Medical image report generation refers to the automatic generation of text descriptions that correspond to specific medical images. In recent years, the increasing demand for medical imaging from both patients and healthcare institutions has significantly increased radiologists’ workloads. Concurrently, shortages in medical resources and diagnostic capabilities have raised the risks of diagnostic delays and misinterpretations in medical imaging. To alleviate the burden on medical professionals and ensure accurate diagnoses, the task of automated medical report generation has attracted a growing number of researchers. In this context, systems based on deep learning methods combined with general Large Language Models (LLMs) have been developed. However, existing methods face limitations in effectively integrating visual and textual data and they ignore the fact that the contributions of different modalities to diagnostic results vary across cases. Additionally, these approaches fail to address the lack of specialized medical knowledge when applying general LLMs. This paper introduces the Dynamic Feature Fusion Guiding and Multimodal Large Language Model Refining (DFFG-MLLMR) framework, which addresses these limitations through two key components:(1) The DFFG module dynamically adjusts the contributions of visual and textual features based on their diagnostic relevance, ensuring optimal feature utilization for report generation; (2) The MLLMR module integrates visual retrieval methods with fine-tuned LLMs to generate comprehensive and accurate medical reports. Our method achieves quantitatively superior results to other baseline methods on both benchmark datasets. On the IU-Xray dataset, DFFG-MLLMR achieves BLEU-4 of 0.191 and CIDEr of 0.574, exceeding the best conventional approach Token-Mixer. On the MIMIC-CXR dataset, our method achieves BLEU-4 of 0.132 and CIDEr of 0.289, improving upon Token-Mixer by 0.008 and 0.126. Experiments on public datasets demonstrate the superiority of DFFG-MLLMR, showing significant improvements in cross-modal feature fusion performance and enhanced diagnostic quality in automated reports. Furthermore, ablation studies confirm that the DFFG and MLLMR modules contribute complementary improvements, collectively enhancing the accuracy and clinical reliability of reports. The code can be obtained at https://github.com/BearLiX/DFFG-MLLMR.

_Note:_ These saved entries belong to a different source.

-- ===== src/Usb/Serial/Refine.antt =====
-- The log ring of usb/usb_serial.c as the list of the bytes that the CDC port has yet to take.
use picow_bt_kb_hid.Base.{
  ℕ, zero, suc, ◌+◌, ◌-◌, ◌%◌, ◌^◌, ◌≤◌, ◌<◌, ◌≡◌, refl, sym, ap, ap₂, ◌∙◌, Bool, true, false, ◌&&◌,
  ◌||◌, not, List, [], ◌∷◌, ◌++◌, replicate, Option, none, some, if◌then◌else◌, if_rule, ◌==◌, ltb,
  leb, length, length-set, length-take, set, arith,
}
use mathlib.Core.List.{append_assoc, append-nil}
use picow_bt_kb_hid.Base.Window.{window, length-window, window_back}
use picow_bt_kb_hid.Usb.Serial.{
  Log, log_size, message_size, empty_log, append_bytes, message_of, usb_serial_printf,
}

pub record IsValid (l : Log) : Type 0 where
  pub storage : length l.buffer ≡ log_size
  pub head_in : l.head < log_size
  pub count_in : l.count ≤ log_size

-- The bytes that the port has yet to take, oldest first.
abbrev pub pending : Log → List ℕ
pending l = window 0 log_size l.buffer l.head l.count

-- The storage of the log as it is at power-on.
length-zeros : (n : ℕ) → length (replicate {A = ℕ} n 0) ≡ n
length-zeros zero = refl
length-zeros (suc n) = ap suc (length-zeros n)

pub empty_log-IsValid : IsValid empty_log
unfolding empty_log
empty_log-IsValid = record {
  storage = length-zeros log_size;
  head_in = omega arith;
  count_in = omega arith;
}

-- What appending keeps and adds.
pub record IsAppended (bs : List ℕ) (l l' : Log) : Type 0 where
  pub valid : IsValid l'
  pub bytes : pending l' ≡ pending l ++ bs
  pub count_is : l'.count ≡ l.count + length bs
  pub flag : l'.overflowed ≡ l.overflowed

abbrev pushed : ℕ → Log → Log
pushed b l = record l {
  buffer = set l.buffer ((l.head + l.count) % log_size) b;
  count = l.count + 1;
}

pushed-IsAppended :
    (b : ℕ) (l : Log) → IsValid l → l.count < log_size → IsAppended (b ∷ []) l (pushed b l)
pushed-IsAppended b l v room = record {
  valid = record {
    storage = length-set l.buffer ((l.head + l.count) % log_size) b ∙ v.storage;
    head_in = v.head_in;
    count_in = omega arith;
  };
  bytes =
      window_back 0 log_size l.buffer l.head l.count b (omega (arith, v.storage)) v.head_in room;
  count_is = refl;
  flag = refl;
}

append_bytes_step :
    (b : ℕ) (bs : List ℕ) (l : Log)
    → l.count < log_size
    → append_bytes (b ∷ bs) l ≡ append_bytes bs (pushed b l)
unfolding append_bytes
append_bytes_step b bs l room =
    ap₂ (λ i n. append_bytes bs (record l { buffer = set l.buffer i b; count = n })) (omega arith)
      (omega arith)

pub append_bytes-IsAppended :
    (bs : List ℕ) (l : Log)
    → IsValid l
    → l.count + length bs ≤ log_size
    → IsAppended bs l (append_bytes bs l)
unfolding append_bytes
append_bytes-IsAppended [] l v room = record {
  valid = v;
  bytes = sym (append-nil (pending l));
  count_is = omega arith;
  flag = refl;
}
append_bytes-IsAppended (b ∷ bs) l v room =
    let room' : l.count < log_size = omega arith in
    let one = pushed-IsAppended b l v room' in
    let more = append_bytes-IsAppended bs (pushed b l) one.valid (omega arith) in
    rw (append_bytes_step b bs l room') (record {
      valid = more.valid;
      bytes = more.bytes ∙ ap (λ xs. xs ++ bs) one.bytes ∙ append_assoc (pending l) (b ∷ []) bs;
      count_is = omega (arith, more.count_is);
      flag = more.flag;
    })

-- What is added to the bytes that wait when a text is printed: the message or nothing.
abbrev pub accepted : Bool → Option (List ℕ) → Log → List ℕ
accepted connected none l = []
accepted connected (some text) l =
    if connected && leb (length (pending l) + length (message_of text)) log_size
    then message_of text
    else []

-- Whether a message is lost.
abbrev pub lost : Bool → Option (List ℕ) → Log → Bool
lost connected none l = false
lost connected (some text) l =
    connected && not (leb (length (pending l) + length (message_of text)) log_size)

-- The number of bytes of a message.
abbrev message_length : List ℕ → ℕ
message_length text = if leb message_size (length text) then message_size - 1 else length text

length-message_of : (text : List ℕ) → length (message_of text) ≡ message_length text
length-message_of text = length-take _ text (ground arith)

room_lem :
    (text : List ℕ) (l : Log)
    → length (pending l) + length (message_of text) ≡ l.count + message_length text
room_lem text l =
    ap₂ ◌+◌ (length-window 0 log_size l.buffer l.head l.count) (length-message_of text)

accepted_empty : (text : List ℕ) → (length text == 0) ≡ true → message_of text ≡ []
accepted_empty [] e = refl
accepted_empty (b ∷ text) e = absurd (ground arith)

pub record IsPrinted (connected : Bool) (text : Option (List ℕ)) (l l' : Log) : Type 0 where
  pub valid : IsValid l'
  pub bytes : pending l' ≡ pending l ++ accepted connected text l
  pub flag : l'.overflowed ≡ (l.overflowed || lost connected text l)

unchanged :
    (connected : Bool) (text : Option (List ℕ)) (l : Log)
    → IsValid l
    → accepted connected text l ≡ []
    → lost connected text l ≡ false
    → IsPrinted connected text l l
unchanged connected text l v nothing kept = record {
  valid = v;
  bytes = rw (nothing, append-nil) refl;
  flag = ground arith;
}

-- Printing to a valid ring appends the first 127 bytes of the text, or nothing: nothing where the
-- port is not connected, the text cannot be formatted, or these bytes do not fit into what is left
-- of the 8192. It sets the overflow flag exactly where the port is connected and the bytes of a
-- formatted text do not fit, and it never clears it. The ring stays valid.
pub printf_refines :
    (connected : Bool) (text : Option (List ℕ)) (l : Log)
    → IsValid l
    → IsPrinted connected text l (usb_serial_printf connected text l)
unfolding usb_serial_printf
printf_refines false none l v = unchanged false none l v refl refl
printf_refines false (some text) l v = unchanged false (some text) l v refl refl
printf_refines true none l v = unchanged true none l v refl refl
printf_refines true (some text) l v =
    let size = room_lem text l in
    if_rule (IsPrinted true (some text) l) (length text == 0)
      (λ e.
        let fits : leb (length (pending l) + length (message_of text)) log_size ≡ true =
          rw size (ground arith) in
        unchanged true (some text) l v (rw fits (accepted_empty text e)) (rw fits refl))
      (λ e.
        if_rule (IsPrinted true (some text) l)
          (ltb (log_size - l.count) (message_length text % 2 ^ 16))
          (λ full.
            let full' : leb (length (pending l) + length (message_of text)) log_size ≡ false =
              rw size (ground arith) in
            record {
              valid = record { storage = v.storage; head_in = v.head_in; count_in = v.count_in };
              bytes = rw (full', append-nil) refl;
              flag = rw full' (ground arith);
            })
          (λ room.
            let fits : leb (length (pending l) + length (message_of text)) log_size ≡ true =
              rw size (ground arith) in
            let space : l.count + length (message_of text) ≤ log_size =
              rw (length-message_of text) (ground arith) in
            let added = append_bytes-IsAppended (message_of text) l v space in
            record {
              valid = added.valid;
              bytes = rw fits added.bytes;
              flag = rw fits (added.flag ∙ ground arith);
            }))
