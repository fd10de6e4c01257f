-- ===== src/Usb/Serial/Drain.antt =====
-- The task of usb/usb_serial.c: the loop that hands the ring to the CDC port, and the notice behind
-- it.
use picow_bt_kb_hid.Base.{
  ℕ, zero, suc, ◌+◌, ◌-◌, ◌%◌, ◌^◌, ◌≤◌, ◌≡◌, refl, sym, ap, ap₂, ◌∙◌, Bool, true, false, ◌&&◌,
  ◌||◌, not, List, [], ◌++◌, some, if◌then◌else◌, if_rule, Bool-cases, inl, inr, ◌==◌, ltb, leb,
  length, take, drop, take-take, length-take_le, arith,
}
use mathlib.Core.List.{append_assoc, append-nil}
use picow_bt_kb_hid.Base.Window.{window_slice, length-window}
use picow_bt_kb_hid.Usb.Serial.{
  Log, log_size, notice, contiguous, offered, advance, drain, report_overflow, usb_serial_task,
}
use picow_bt_kb_hid.Usb.Serial.Refine.{IsValid, pending, printf_refines}

module _ {S : Type 0} (write_available : S → ℕ) (write : List ℕ → S → ℕ × S)
    (takes : (bytes : List ℕ) (port : S) → (write bytes port).0 ≤ length bytes) where
  -- What the loop leaves, against the ring that it began with.
  pub record IsDrained (l : Log) (result : Log × S × List ℕ) : Type 0 where
    pub valid : IsValid (result.0)
    pub bytes : result.2 ++ pending (result.0) ≡ pending l
    pub flag : result.0.overflowed ≡ l.overflowed

  stopped : (l : Log) (port : S) → IsValid l → IsDrained l (l, port, [])
  stopped l port v = record { valid = v; bytes = refl; flag = refl }

  abbrev pub bytes_offered : Log → S → List ℕ
  bytes_offered = offered write_available write

  abbrev pub written : Log → S → ℕ
  written l port = (write (bytes_offered l port) port).0

  -- The bounds on what one round writes.
  contiguous_in :
      (l : Log) (port : S)
      → IsValid l
      → let n = contiguous write_available write l port in (l.head + n ≤ log_size) × (n ≤ l.count)
  contiguous_in l port v = (ground arith, ground arith)

  written_in : (l : Log) (port : S) → written l port ≤ contiguous write_available write l port
  written_in l port = omega (
    arith,
    takes (bytes_offered l port) port,
    length-take_le (contiguous write_available write l port) (drop l.head l.buffer),
  )

  abbrev pub advanced : Log → S → Log
  advanced l port = advance write_available write (written l port) l

  pub advance-IsValid : (l : Log) (port : S) → IsValid l → IsValid (advanced l port)
  advance-IsValid l port v = record {
    storage = v.storage;
    head_in = omega arith;
    count_in = omega (arith, v.count_in);
  }

  -- The bytes taken and those behind the step are the bytes that waited.
  advance_lem :
      (l : Log) (port : S)
      → IsValid l
      → take (written l port) (bytes_offered l port) ++ pending (advanced l port) ≡ pending l
  advance_lem l port v =
      let (space, few) = contiguous_in l port v in
      let w_in = written_in l port in
      let head_is : (l.head + written l port) % log_size % 2 ^ 16
          ≡ (l.head + written l port) % log_size =
        omega arith in
      let count_is : (l.count - written l port) % 2 ^ 16 ≡ l.count - written l port =
        omega (arith, v.count_in) in
      rw
        (
          head_is,
          count_is,
          take-take (written l port) (contiguous write_available write l port)
              (drop l.head l.buffer) w_in,
        )
        (window_slice 0 log_size l.buffer (written l port) l.head l.count (omega (arith, v.storage))
          v.head_in (omega arith) (omega arith))

  pub drain-IsDrained :
      (fuel : ℕ) (l : Log) (port : S)
      → IsValid l
      → IsDrained l (drain write_available write fuel l port)
  unfolding drain
  drain-IsDrained zero l port v = stopped l port v
  drain-IsDrained (suc fuel) l port v =
      let next = (write (bytes_offered l port) port).1 in
      let rest = drain-IsDrained fuel (advanced l port) next (advance-IsValid l port v) in
      if_rule (IsDrained l) (l.count == 0 || write_available port == 0) (λ e. stopped l port v)
        (λ e.
          if_rule (IsDrained l) (written l port == 0) (λ e'. stopped l next v)
            (λ e'. record {
              valid = rest.valid;
              bytes =
                  append_assoc (take (written l port) (bytes_offered l port)) _ _
                  ∙ ap (λ bs. take (written l port) (bytes_offered l port) ++ bs) rest.bytes
                  ∙ advance_lem l port v;
              flag = rest.flag;
            }))

  record IsReported (l l' : Log) : Type 0 where
    valid : IsValid l'
    bytes :
        pending l'
        ≡ pending l ++ (if l.overflowed && ltb l.count (log_size - 48) then notice else [])
    flag : l'.overflowed ≡ (l.overflowed && not (l.overflowed && ltb l.count (log_size - 48)))

  -- The notice has 48 bytes, so it fits where it is printed.
  report_overflow-IsReported :
      (l : Log) → IsValid l → IsReported l (report_overflow write_available write true l)
  unfolding report_overflow
  report_overflow-IsReported l v = elim (Bool-cases (l.overflowed && ltb l.count (log_size - 48))) [
    | inl e ↦
        let clear : Log = record l { overflowed = false } in
        let v' : IsValid clear = record {
          storage = v.storage;
          head_in = v.head_in;
          count_in = v.count_in;
        } in
        let p = printf_refines true (some notice) clear v' in
        let size = length-window 0 log_size l.buffer l.head l.count in
        let fits : leb (length (pending clear) + length notice) log_size ≡ true =
          rw size (ground arith) in
        rw e (record {
          valid = p.valid;
          bytes = p.bytes ∙ rw (e, fits) refl;
          flag = p.flag ∙ rw (e, fits) (ground arith);
        })
    | inr e ↦ rw e (record { valid = v; bytes = rw (e, append-nil) refl; flag = ground arith })
  ]

  -- Whether the task prints the notice about lost messages.
  abbrev pub is_told : Bool → Log → S → Bool
  is_told connected l port =
      connected
      && l.overflowed
      && ltb (length (pending (drain write_available write l.count l port).0)) (log_size - 48)

  pub record IsServed (connected : Bool) (l : Log) (port : S) (result : Log × S × List ℕ)
      : Type 0 where
    pub valid : IsValid (result.0)
    pub bytes :
        result.2 ++ pending (result.0)
        ≡ pending l ++ (if is_told connected l port then notice else [])
    pub flag : result.0.overflowed ≡ (l.overflowed && not (is_told connected l port))

  -- On a valid ring and a port that takes no more bytes than it is offered, the bytes that the task
  -- hands over and those that stay are the bytes that waited, in order, with the notice about lost
  -- messages behind them where it is printed. It is printed, whole, and the overflow flag cleared
  -- exactly if the port is connected, the flag is set and fewer than 8144 bytes stay. The ring
  -- stays valid.
  pub task_delivers :
      (connected : Bool) (l : Log) (port : S)
      → IsValid l
      → IsServed connected l port (usb_serial_task write_available write connected l port)
  unfolding usb_serial_task
  task_delivers false l port v = record {
    valid = v;
    bytes = rw append-nil refl;
    flag = ground arith;
  }
  task_delivers true l port v =
      let d = drain-IsDrained l.count l port v in
      let l' = (drain write_available write l.count l port).0 in
      let sent = (drain write_available write l.count l port).2 in
      let r = report_overflow-IsReported l' d.valid in
      let size = length-window 0 log_size l'.buffer l'.head l'.count in
      record {
        valid = r.valid;
        bytes =
            ap (λ bs. sent ++ bs) r.bytes
            ∙ sym (append_assoc sent (pending l') _)
            ∙ ap₂ (λ xs (b : Bool). xs ++ (if b then notice else [])) d.bytes
                (rw (d.flag, size) refl);
        flag = r.flag ∙ rw (d.flag, size) refl;
      }
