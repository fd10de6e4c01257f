-- ===== src/Usb/Serial/Run.antt =====
-- usb/usb_serial.c: a session of the log, in which prints and tasks come in any order.
use picow_bt_kb_hid.Base.{
  ℕ, ◌≤◌, ◌≡◌, sym, ap, ◌∙◌, Bool, List, [], ◌∷◌, ◌++◌, Option, if◌then◌else◌, length,
}
use mathlib.Core.List.{append_assoc, append-nil}
use picow_bt_kb_hid.Usb.Serial.{Log, empty_log, usb_serial_printf, notice, usb_serial_task}
use picow_bt_kb_hid.Usb.Serial.Refine.{
  IsValid, pending, accepted, printf_refines, empty_log-IsValid,
}
use picow_bt_kb_hid.Usb.Serial.Drain.{is_told, task_delivers}

-- A call of `usb_serial_printf` or of `usb_serial_task`, with whether the port is connected.
pub data Step : Type 0 where
  print : Bool → Option (List ℕ) → Step
  task : Bool → Step

module _ {S : Type 0} (write_available : S → ℕ) (write : List ℕ → S → ℕ × S) where
  -- The log and the port after the steps, and all the bytes that the port has taken.
  unfoldable pub run : List Step → Log → S → Log × S × List ℕ
  run [] l port = (l, port, [])
  run (print connected text ∷ steps) l port = run steps (usb_serial_printf connected text l) port
  run (task connected ∷ steps) l port =
      let (l', port', sent) = usb_serial_task write_available write connected l port in
      let (l'', port'', more) = run steps l' port' in (l'', port'', sent ++ more)

module _ {S : Type 0} (write_available : S → ℕ) (write : List ℕ → S → ℕ × S)
    (takes : (bytes : List ℕ) (port : S) → (write bytes port).0 ≤ length bytes) where
  -- The messages and notices that go into the log, one behind the other.
  unfoldable pub entered : List Step → Log → S → List ℕ
  entered [] l port = []
  entered (print connected text ∷ steps) l port =
      accepted connected text l ++ entered steps (usb_serial_printf connected text l) port
  entered (task connected ∷ steps) l port =
      let (l', port', sent) = usb_serial_task write_available write connected l port in
      (if is_told write_available write takes connected l port then notice else [])
      ++ entered steps l' port'

  run_delivers_from :
      (steps : List Step) (l : Log) (port : S)
      → IsValid l
      → (run write_available write steps l port).2
          ++ pending (run write_available write steps l port).0
        ≡ pending l ++ entered steps l port
  unfolding run entered
  run_delivers_from [] l port v = sym (append-nil (pending l))
  run_delivers_from (print connected text ∷ steps) l port v =
      let p = printf_refines connected text l v in
      run_delivers_from steps (usb_serial_printf connected text l) port p.valid
      ∙ ap (λ xs. xs ++ entered steps (usb_serial_printf connected text l) port) p.bytes
      ∙ append_assoc (pending l) _ _
  run_delivers_from (task connected ∷ steps) l port v =
      let t = task_delivers write_available write takes connected l port v in
      let (l', port', sent) = usb_serial_task write_available write connected l port in
      append_assoc sent _ _
      ∙ ap (λ xs. sent ++ xs) (run_delivers_from steps l' port' t.valid)
      ∙ sym (append_assoc sent (pending l') _)
      ∙ ap (λ xs. xs ++ entered steps l' port') t.bytes
      ∙ append_assoc (pending l) _ _

  -- From power-on, whatever prints and tasks follow, the bytes that the CDC port has taken and
  -- those that wait are, in order and each once, the messages that were accepted and the notices
  -- that were printed, where the port takes no more bytes than it is offered.
  pub run_delivers :
      (steps : List Step) (port : S)
      → (run write_available write steps empty_log port).2
          ++ pending (run write_available write steps empty_log port).0
        ≡ entered steps empty_log port
  unfolding empty_log
  run_delivers steps port = run_delivers_from steps empty_log port empty_log-IsValid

医学图像报告生成的动态特征融合引导与多模态大语言模型细化
医学图像报告生成是指自动生成与特定医学图像相对应的文本描述。近年来,患者和医疗机构对医学成像的需求不断增加,大大增加了放射科医生的工作量。同时,医疗资源和诊断能力的短缺增加了诊断延误和医学成像误解的风险。为了减轻医疗专业人员的负担,确保诊断的准确性,自动生成医疗报告的任务吸引了越来越多的研究人员。在这种背景下,基于深度学习方法与通用大型语言模型(llm)相结合的系统已经开发出来。然而,现有的方法在有效整合视觉和文本数据方面面临局限性,并且它们忽略了不同模式对诊断结果的贡献因病例而异的事实。此外,这些方法不能解决缺乏专业医学知识时,应用一般法学硕士。本文介绍了动态特征融合指导和多模态大语言模型精炼(DFFG- mllmr)框架,该框架通过两个关键组件解决了这些限制:(1)DFFG模块根据视觉和文本特征的诊断相关性动态调整其贡献,确保在报告生成中最优地利用特征;(2) MLLMR模块将视觉检索方法与微调llm相结合,生成全面准确的医疗报告。在这两个基准数据集上,我们的方法在定量上优于其他基线方法。在u - x射线数据集上,dffg - mlmr的BLEU-4为0.191,CIDEr为0.574,超过了传统的Token-Mixer方法。在MIMIC-CXR数据集上,我们的方法实现了0.132的BLEU-4和0.289的CIDEr,比Token-Mixer分别提高了0.008和0.126。在公共数据集上的实验证明了DFFG-MLLMR的优越性,显示出跨模态特征融合性能的显著改善和自动报告诊断质量的提高。此外,消融研究证实,DFFG和MLLMR模块有助于互补改进,共同提高报告的准确性和临床可靠性。代码可从https://github.com/BearLiX/DFFG-MLLMR获取。
本文章由计算机程序翻译,如有差异,请以英文原文为准。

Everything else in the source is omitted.